When I was at the Division one of the matters that I was responsible for was the government’s investigation into price-fixing on the NASDAQ stock exchange. There was a parallel private action which benefited greatly from the government’s uncovering of evidence, and I thought our cooperation with those private plaintiffs at the time was very much in the public interest. In that case the class recovered over $1 billion for injured shareholders, and within a matter of months the prices for transacting on the NASDAQ stock exchange fell dramatically as the price-fixing agreement collapsed. Another example of cooperation, only this time going the other way, was in MDL 1720. A few years ago after we had concluded most of our discovery, the Department of Justice served us with a CID (civil investigative demand) seeking the documents we had compiled in the case, the 400 depositions we took, and our work product. After we obtained an order from the court protecting us against an argument that we were waiving our work product privilege, we gladly turned over to the Department of Justice our entire document database and most of our work product, which the Division then used as the basis for their own action against Visa and MasterCard. The Division then obtained a consent judgment against Visa and MasterCard involving some of the same conduct we had challenged.

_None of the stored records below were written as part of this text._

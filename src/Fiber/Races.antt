-- ===== src/Fiber/Races.antt =====
-- Two fibers that read the same user before either of them writes.
use blackrock.Webhook.Keeps.{invoice_changes-KeepsUsers}
use blackrock.Prelude.{
  sym, ap, ◌∙◌, refl, false, inl, inr, Bool-cases, List, Option-cases, map, ◌≡◌, true, none, some,
  [], ◌∷◌, arith,
}
use blackrock.Stripe.{
  Event, Invoice, payment_failed, ok, Failure, Customer, create_customer, Services,
}
use blackrock.System.{stripe_webhook, add_card}
use blackrock.Webhook.{Mod, apply_mod, is_stale, invoice_changes}
use blackrock.Fiber.Methods.{
  webhook_fiber, event_fiber, invoice_fiber, spawn, create_user_fiber, add_card_fiber,
}
use blackrock.Mailing.{Mailchimp}
use blackrock.Text.{text_eq, Text}
use blackrock.Users.{
  has_id, find_by_customer, has_customer, User, find_by_id, customer_id, set_customer, update_user,
}
use blackrock.Action.{World}
use blackrock.Cards.{logged_in_user, first_source}
use blackrock.Fiber.{turn, interleave, are_done}

set_customer_twice :
    (id a b : Text) (users : List User)
    → update_user id (set_customer b) (update_user id (set_customer a) users)
      ≡ update_user id (set_customer b) users
unfolding update_user
set_customer_twice id a b [] = refl
set_customer_twice id a b (u ∷ users) = elim (Bool-cases (has_id id u)) [
  | inl hit ↦ ground arith
  | inr miss ↦ ground (arith, set_customer_twice id a b users)
]

-- A customer that no user has, and that is not the one that is stored.
find_by_customer-set_customer :
    (id customer other : Text) (users : List User)
    → find_by_customer customer users ≡ none
    → text_eq other customer ≡ false
    → find_by_customer customer (update_user id (set_customer other) users) ≡ none
unfolding update_user has_customer
find_by_customer-set_customer id customer other [] nobody apart = refl
find_by_customer-set_customer id customer other (u ∷ users) nobody apart =
    elim (Bool-cases (has_customer customer u)) [
      | inl has ↦ absurd (ground arith)
      | inr has_not ↦ elim (Bool-cases (has_id id u)) [
        | inl hit ↦ ground (arith, find_by_customer-set_customer id customer other users)
        | inr miss ↦ ground (arith, find_by_customer-set_customer id customer other users)
      ]
    ]

module _ {S : Type 0} (v : Services S) (m : Mailchimp S) (message : Failure → Text) where
  add_card_turns :
      (user_id token_a token_b email : Text) (user : User) (a b : Customer) (w : World S)
      → find_by_id user_id w.users ≡ some user
      → customer_id user ≡ none
      → (v.request_customer (create_customer token_a email (some user_id)) w.outside).0 ≡ ok a
      → (v.request_customer
          (create_customer token_b email (some user_id))
          (v.request_customer (create_customer token_a email (some user_id)) w.outside).1).0
        ≡ ok b
      → (let fibers =
            map (spawn v m message) (
              add_card (some user_id) token_a email ∷ add_card (some user_id) token_b email ∷ []) in
          let (left, w') = interleave (0 ∷ 1 ∷ 0 ∷ 1 ∷ 0 ∷ 1 ∷ []) fibers w in
          (are_done left ≡ true)
          × (w'.requests
              ≡ create_customer token_b email (some user_id)
                ∷ create_customer token_a email (some user_id)
                ∷ w.requests)
          × (w'.users
              ≡ update_user user_id
                  (set_customer b.id)
                  (update_user user_id (set_customer a.id) w.users)))
  unfolding interleave turn spawn add_card_fiber create_user_fiber logged_in_user
  add_card_turns user_id token_a token_b email user a b w found fresh made_a made_b =
      elim (Option-cases (first_source a)) [
        | inl bare ↦ elim (Option-cases (first_source b)) [
          | inl bare' ↦ ground arith
          | inr (source', has') ↦ ground arith
        ]
        | inr (source, has) ↦ elim (Option-cases (first_source b)) [
          | inl bare' ↦ ground arith
          | inr (source', has') ↦ ground arith
        ]
      ]

  -- The same user adds a card twice, in two windows, and is no customer of Stripe's yet; the two fibers
  -- take turns, and Stripe makes two customers that nobody has, `a` and `b`. Then both are done, Stripe
  -- has been asked for two customers, the user has the second, and the first, with its card, is found at
  -- no user.
  pub add_card_twice :
      (user_id token_a token_b email : Text) (user : User) (a b : Customer) (w : World S)
      → find_by_id user_id w.users ≡ some user
      → customer_id user ≡ none
      → (v.request_customer (create_customer token_a email (some user_id)) w.outside).0 ≡ ok a
      → (v.request_customer
          (create_customer token_b email (some user_id))
          (v.request_customer (create_customer token_a email (some user_id)) w.outside).1).0
        ≡ ok b
      → find_by_customer a.id w.users ≡ none
      → text_eq b.id a.id ≡ false
      → (let fibers =
            map (spawn v m message) (
              add_card (some user_id) token_a email ∷ add_card (some user_id) token_b email ∷ []) in
          let (left, w') = interleave (0 ∷ 1 ∷ 0 ∷ 1 ∷ 0 ∷ 1 ∷ []) fibers w in
          (are_done left ≡ true)
          × (w'.requests
              ≡ create_customer token_b email (some user_id)
                ∷ create_customer token_a email (some user_id)
                ∷ w.requests)
          × (w'.users ≡ update_user user_id (set_customer b.id) w.users)
          × (find_by_customer a.id w'.users ≡ none))
  add_card_twice user_id token_a token_b email user a b w found fresh made_a made_b nobody apart =
      let (finished, asked, written) =
        add_card_turns user_id token_a token_b email user a b w found fresh made_a made_b in
      let users' = written ∙ set_customer_twice user_id a.id b.id w.users in
      (
        finished,
        asked,
        users',
        ap (find_by_customer a.id) users'
            ∙ find_by_customer-set_customer user_id a.id b.id w.users nobody apart,
      )

  webhook_turns :
      (event_id : Text) (event : Event) (invoice : Invoice) (user : User) (one two : Mod)
      (w w1 w2 : World S)
      → v.retrieve_event event_id w.outside ≡ ok event
      → event.body ≡ payment_failed invoice
      → find_by_customer invoice.customer w.users ≡ some user
      → is_stale user event.created ≡ false
      → invoice_changes v event.created true invoice user w ≡ (ok one, w1)
      → invoice_changes v event.created true invoice user w1 ≡ (ok two, w2)
      → (let fibers =
            map (spawn v m message) (stripe_webhook event_id ∷ stripe_webhook event_id ∷ []) in
          let (left, w') = interleave (0 ∷ 1 ∷ 0 ∷ 1 ∷ 0 ∷ 1 ∷ 0 ∷ 1 ∷ []) fibers w in
          (are_done left ≡ true)
          × (w'.requests ≡ w2.requests)
          × (w'.users
              ≡ update_user user.id (apply_mod two) (update_user user.id (apply_mod one) w2.users)))
  unfolding interleave turn spawn webhook_fiber event_fiber invoice_fiber
  webhook_turns event_id event invoice user one two w w1 w2 fetched body found fresh first' second =
      ground arith

  -- Stripe delivers an event of a failed payment twice, which is new for its user, the two fibers take
  -- turns, and the handling of neither throws: both find the user before either has stored the event's
  -- time. Then both are done, what the handling requests has been requested twice, the second time in
  -- the world that the first has left, and both changes are stored, one after the other.
  pub webhook_twice :
      (event_id : Text) (event : Event) (invoice : Invoice) (user : User) (one two : Mod)
      (w w1 w2 : World S)
      → v.retrieve_event event_id w.outside ≡ ok event
      → event.body ≡ payment_failed invoice
      → find_by_customer invoice.customer w.users ≡ some user
      → is_stale user event.created ≡ false
      → invoice_changes v event.created true invoice user w ≡ (ok one, w1)
      → invoice_changes v event.created true invoice user w1 ≡ (ok two, w2)
      → (let fibers =
            map (spawn v m message) (stripe_webhook event_id ∷ stripe_webhook event_id ∷ []) in
          let (left, w') = interleave (0 ∷ 1 ∷ 0 ∷ 1 ∷ 0 ∷ 1 ∷ 0 ∷ 1 ∷ []) fibers w in
          (are_done left ≡ true)
          × (w'.requests ≡ w2.requests)
          × (w'.users
              ≡ update_user user.id (apply_mod two) (update_user user.id (apply_mod one) w.users)))
  webhook_twice event_id event invoice user one two w w1 w2 fetched body found fresh first' second =
      let (finished, asked, written) =
        webhook_turns event_id event invoice user one two w w1 w2 fetched body found fresh first'
          second in
      let kept : w2.users ≡ w.users =
        ap (λ r. r.1.users) (sym second)
        ∙ invoice_changes-KeepsUsers v event.created true invoice user w1
        ∙ ap (λ r. r.1.users) (sym first')
        ∙ invoice_changes-KeepsUsers v event.created true invoice user w in
      (
        finished,
        asked,
        written
            ∙ ap
                (λ users.
                  update_user user.id (apply_mod two) (update_user user.id (apply_mod one) users))
                kept,
      )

LD: What led you into antitrust law? Was this an area you had always wanted to practice in?
CW: Even as far back as law school I was very interested in antitrust law. In my first job out of law school I was in-house counsel for a trade association, and my principal exposure to antitrust issues there was writing memoranda to the board of directors reminding them of the things they could not talk about in their board meetings. After I left that job and established my own law firm, I was fortunate enough to find a really interesting case involving a cutting-edge antitrust issue on which I ultimately prevailed after eight hard years of litigation, including one trip to the Court of Appeals. After that case, I found increasing opportunities to direct my practice towards complex antitrust litigation such that in a matter of a few years that was really all I was doing. I consider myself extremely fortunate to have found an area of practice which I enjoy so much and which has enabled me to provide a comfortable living for my family.